# Who was/is the best comedian?



## 94055 (May 1, 2005)

Well we all have/had our favorite, so who was yours?

Wether actor/standup or any other type.

:lol: :lol: :lol: :lol: :lol: :lol: 
It,s the way I tell em
:lol: :lol: :lol: :lol: :lol: :lol:


----------



## thieawin (Jun 7, 2006)

is Ken Dodd

was Tommy Cooper

female

is Victoria Woods

was Joyce Grenfell


----------



## johng1974 (Jan 17, 2007)

Iziziziziiz izzzard


----------



## mangothemadmonk (Aug 6, 2006)

I like the old timers best.....Arthur Lowe, Eric Morecambe, Tommy Cooper and of the newbies... Peter Kay, Harry Hill, Johnny Vegas.

Johnny F


----------



## 94055 (May 1, 2005)

> Iziziziziiz izzzard


Is he?

He does not look that hard to me :wink:

How about the Comedians show
What a collection of stand ups

How about Dave Allen
Jasper carrot
Lenny Henry


----------



## 104236 (May 1, 2007)

Peter Kay, Angus Deayton, _Victor Meldrew_ Victoria Woods, _Frazier_ _and Niales_, Paul Merton


----------



## geraldandannie (Jun 4, 2006)

I think you probably have to categorise them.
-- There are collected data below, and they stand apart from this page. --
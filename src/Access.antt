-- ===== src/Access.antt =====
-- door_controller/door_controller.c over door_controller/user_db.c: which rows of the user database
-- open a door.
pub mod Shown
pub mod Wire
use osdp_roger_acs.Base.{
  ℕ, ◌≡◌, ◌≢◌, ◌<◌, ◌⊎◌, inl, inr, ap, ◌∙◌, List, [], ◌∷◌, Option, none, some,
}
use osdp_roger_acs.Base.{Option-cases}
use osdp_roger_acs.Reader.{UserInfo}
use osdp_roger_acs.Door.{Text, DoorReader, World, Side, door_reader}
use osdp_roger_acs.Door.Auth.{
  UserDb, Verdict, store_input, stored, process_user_info, mode_card, mode_pin, mode_card_or_pin,
  mode_card_and_pin, mode_card_and_pin_always, mode_two_cards,
}
use osdp_roger_acs.Door.Grants.{
  Grants, by_card, by_pin, by_card_and_pin, by_card_alone, by_two_cards, outputs,
  process_user_info-Grants,
}
use osdp_roger_acs.UserDb.{
  Libraries, Query, Row, get_access_mask2, check_key_access2, query_of, card_text,
}
use osdp_roger_acs.UserDb.Keys.{check_key_access2-first}
use osdp_roger_acs.UserDb.Rows.{SomeNotRefused, pin_md5_of, get_access_mask2-NotRefused}
use osdp_roger_acs.UserDb.Policy.{AsksFor, LetsIn, SomeRow, card_name}
use osdp_roger_acs.UserDb.Exact.{pin_refused-HasPin, query_of-AsksFor, card_text-eq}

-- `getAccessMask` and `checkKeyAccess` for a reader (door_controller/user_db.h).
abbrev pub get_access_mask : Libraries → DoorReader → ℕ → Text → Option Verdict
get_access_mask lib r mode name = get_access_mask2 lib r.pin r.pin_len r.card r.card_len mode name

abbrev pub check_key_access : Libraries → DoorReader → Option Verdict
check_key_access lib r = check_key_access2 lib r.card r.card_len r.card2 r.card2_len

-- What the door controller is told is what the functions return, where they return.
pub record Answers (lib : Libraries) (db : UserDb) : Type 0 where
  pub by_mask :
      (r : DoorReader) (mode : ℕ) (name : Text) (v : Verdict)
      → get_access_mask lib r mode name ≡ some v
      → db.get_access_mask r mode name ≡ v
  pub by_keys :
      (r : DoorReader) (v : Verdict) → check_key_access lib r ≡ some v → db.check_key_access r ≡ v

-- A row that lets the reader's credentials in, in a mode, or a call that C leaves undefined.
abbrev pub RowLetsIn : Libraries → Text → DoorReader → ℕ → Type 0
RowLetsIn lib name r mode =
    (get_access_mask lib r mode name ≡ none)
    ⊎ ((q : Query) × AsksFor lib r.pin r.pin_len r.card r.card_len mode name q
        × SomeRow (LetsIn lib r.pin r.pin_len mode) (lib.query q))

-- The first row for two cards, which has not expired.
abbrev pub KeysLetIn : Libraries → DoorReader → Type 0
KeysLetIn lib r =
    (check_key_access lib r ≡ none)
    ⊎ ((row : Row) × (rest : List Row) × (lib.query
            (Query.by_key (card_name lib r.card r.card_len) (card_name lib r.card2 r.card2_len))
          ≡ row ∷ rest)
        × (row.curr_time < row.expire))

-- The access policy over the rows.
pub data RowGrants (lib : Libraries) (name : Text) (r : DoorReader) : Type 0 where
  card_row :
      (r.access_mode ≡ mode_card) ⊎ (r.access_mode ≡ mode_card_or_pin)
      → r.card_len ≢ 0
      → RowLetsIn lib name r mode_card
      → RowGrants lib name r
  pin_row :
      (r.access_mode ≡ mode_pin) ⊎ (r.access_mode ≡ mode_card_or_pin)
      → r.pin_len ≢ 0
      → RowLetsIn lib name r mode_pin
      → RowGrants lib name r
  card_and_pin_row :
      (r.access_mode ≡ mode_card_and_pin) ⊎ (r.access_mode ≡ mode_card_and_pin_always)
      → r.card_len ≢ 0
      → r.pin_len ≢ 0
      → RowLetsIn lib name r mode_card_and_pin_always
      → RowGrants lib name r
  no_pin_row :
      r.access_mode ≡ mode_card_and_pin
      → r.card_len ≢ 0
      → RowLetsIn lib name r mode_card_and_pin
      → RowGrants lib name r
  keys_row :
      r.access_mode ≡ mode_two_cards
      → r.card_len ≢ 0
      → r.card2_len ≢ 0
      → KeysLetIn lib r
      → RowGrants lib name r

SomeNotRefused-SomeRow :
    (lib : Libraries) (pin : List ℕ) (pin_len mode : ℕ) (rows : List Row)
    → SomeNotRefused mode (pin_md5_of lib pin pin_len mode) rows
    → SomeRow (LetsIn lib pin pin_len mode) rows
SomeNotRefused-SomeRow lib pin pin_len mode [] o = o
SomeNotRefused-SomeRow lib pin pin_len mode (row ∷ rows) (inl o) = inl (record {
  current = o.current;
  has_pin = (pin_refused-HasPin lib pin pin_len mode row).0 o.pin_right;
})
SomeNotRefused-SomeRow lib pin pin_len mode (row ∷ rows) (inr o) =
    inr (SomeNotRefused-SomeRow lib pin pin_len mode rows o)

module _ (lib : Libraries) (db : UserDb) (answers : Answers lib db) where
  mask-RowLetsIn :
      (r : DoorReader) (mode : ℕ) (name : Text)
      → (db.get_access_mask r mode name).mask ≢ 0
      → RowLetsIn lib name r mode
  mask-RowLetsIn r mode name granted = elim (Option-cases (get_access_mask lib r mode name)) [
    | inl e ↦ inl e
    | inr (v, e) ↦
        let same = answers.by_mask r mode name v e in
        let (q, fits, asked, row) =
          get_access_mask2-NotRefused lib r.pin r.pin_len r.card r.card_len mode name v e
            (λ z. granted (ap (λ (u : Verdict). u.mask) same ∙ z)) in
        inr (
          q,
          query_of-AsksFor lib r.pin r.pin_len r.card r.card_len mode name q fits asked,
          SomeNotRefused-SomeRow lib r.pin r.pin_len mode (lib.query q) row,
        )
  ]

  keys-KeysLetIn : (r : DoorReader) → (db.check_key_access r).mask ≢ 0 → KeysLetIn lib r
  keys-KeysLetIn r granted = elim (Option-cases (check_key_access lib r)) [
    | inl e ↦ inl e
    | inr (v, e) ↦
        let (row, rest, asked, current) =
          check_key_access2-first lib r.card r.card_len r.card2 r.card2_len v e
            (λ z. granted (ap (λ (u : Verdict). u.mask) (answers.by_keys r v e) ∙ z)) in
        let one = card_text-eq lib r.card r.card_len in
        let two = card_text-eq lib r.card2 r.card2_len in
        inr (row, rest, rw (one, two) at asked, current)
  ]

  Grants-RowGrants : (name : Text) (r : DoorReader) → Grants db name r → RowGrants lib name r
  Grants-RowGrants name r (by_card m c g) = card_row m c (mask-RowLetsIn r mode_card name g)
  Grants-RowGrants name r (by_pin m c g) = pin_row m c (mask-RowLetsIn r mode_pin name g)
  Grants-RowGrants name r (by_card_and_pin m c p g) =
      card_and_pin_row m c p (mask-RowLetsIn r mode_card_and_pin_always name g)
  Grants-RowGrants name r (by_card_alone m c g) =
      no_pin_row m c (mask-RowLetsIn r mode_card_and_pin name g)
  Grants-RowGrants name r (by_two_cards m c d g) = keys_row m c d (keys-KeysLetIn r g)

-- Which row opens a door. A call of `process_user_info` drives an output only if it comes from a
-- reader of the door, the input could be stored in that reader, and a row of the user database lets
-- the stored credentials in, in a way that the access policy of the reader's mode allows: a row of
-- the door and the MD5 sum of the PIN, or of the door and the digits of the card, that has not expired
-- and has the sum of the PIN where the mode asks for both, or may do without one or has an empty one
-- where the mode asks for the card first; or the first row for the digits of the two cards. The
-- controller is told what the functions of the user database return, where C defines what they do.
pub process_user_info-RowGrants :
    (lib : Libraries) (db : UserDb) (handle : ℕ) (u : UserInfo) (i : ℕ) (w : World)
    → Answers lib db
    → outputs (process_user_info db handle u i w).log ≢ outputs w.log
    → (side : Side) × (r : DoorReader) × ((door_reader side (w.doors i)).reader ≡ some handle)
      × (store_input (door_reader side (w.doors i)) u ≡ stored r)
      × RowGrants lib (w.doors i).door_name r
process_user_info-RowGrants lib db handle u i w answers driven =
    let (side, r, at_side, is_stored, grants) = process_user_info-Grants db handle u i w driven in
    (side, r, at_side, is_stored, Grants-RowGrants lib db answers (w.doors i).door_name r grants)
You can't really compare the raconteurs (Carrot, Connelly, Izzard, Allen) with the one-liners (Tommy Cooper, most of The Comedians e.g. Frank Carson) with the comic actors (Arthur Lowe).

Gerald


----------



## 94055 (May 1, 2005)

Gerald
I did not try to compare the various types and do not think you have to. I thought I had left it open to state whoever you liked from any section. We habve had suggestions from more than one category.
Unless you/they would prefer to categorize them?

Steve


----------



## ksebruce (Nov 5, 2006)

Billy Conelly and Dave Allen


----------



## mangothemadmonk (Aug 6, 2006)

I didn't categorise mine only into oldies and newbies. They are just people that made and still make me laugh.

Johnny F


----------



## 94055 (May 1, 2005)

Just thought of 

Freddie Star
Jimmy Tarbuck
Richard Prior

Who was the guy (chubby-ish with a beard, popular when Jasper carrot was on the tv/club/cabaret circuit?

Steve


----------



## baldlygo (Sep 19, 2006)

Bob Hope, Tony Hancock, Tommy Cooper, Norman Wisdom, Ronnie Barker, Eric Morcambe, and lots more :!:

Paul


----------



## Zuma (Apr 29, 2006)

Check out Will Hay's films, they are very funny!! (I am still under fifty, honest!)


----------



## Zuma (Apr 29, 2006)

Laurel and Hardy


----------



## vmeldrew (May 3, 2007)

Comic actors for me must include Leonard Rossiter, Alastair Sim and Terry-Thomas. Best overall funny man would be Tommy Cooper.


----------



## moblee (Dec 31, 2006)

Laurel & hardy,The good life & Dads army spring to my mind.

*DON'T PANIC* :lol: :lol:

PHIL


----------



## bigfoot (May 16, 2005)

George Bush!!!


----------



## RichardnGill (Aug 31, 2006)

Peter Kay.

and I use to like watching open all hours


Richard...


----------



## spykal (May 9, 2005)

Bob Monkhouse... very fast, amazing memory and very funny planned patter

Arthur Askey ... a really funny guy when performing live

Bob Newhart... made me laugh so much that I wore the recording out, the driving insrtuctor story still makes me laugh


Mike


----------



## 103066 (Feb 20, 2007)

My top 3, in no particular order

Peter Kay
Ronnie Barker 
Billy Connelly

Although it has to be said, I have lots of other favourites too; John Cleese and Jack Dee are two definately worth a mention...


----------



## 96299 (Sep 15, 2005)

Big tommy cooper fan.the man was special.thank you very much :lol:


----------



## mangothemadmonk (Aug 6, 2006)

Chubby Brown....crude rude but oh so funny.

Johnny F


----------



## 104236 (May 1, 2007)

What a great thread, just reading through it reminds me of some of their funny jokes and makes me smile. 

Keep them coming!


----------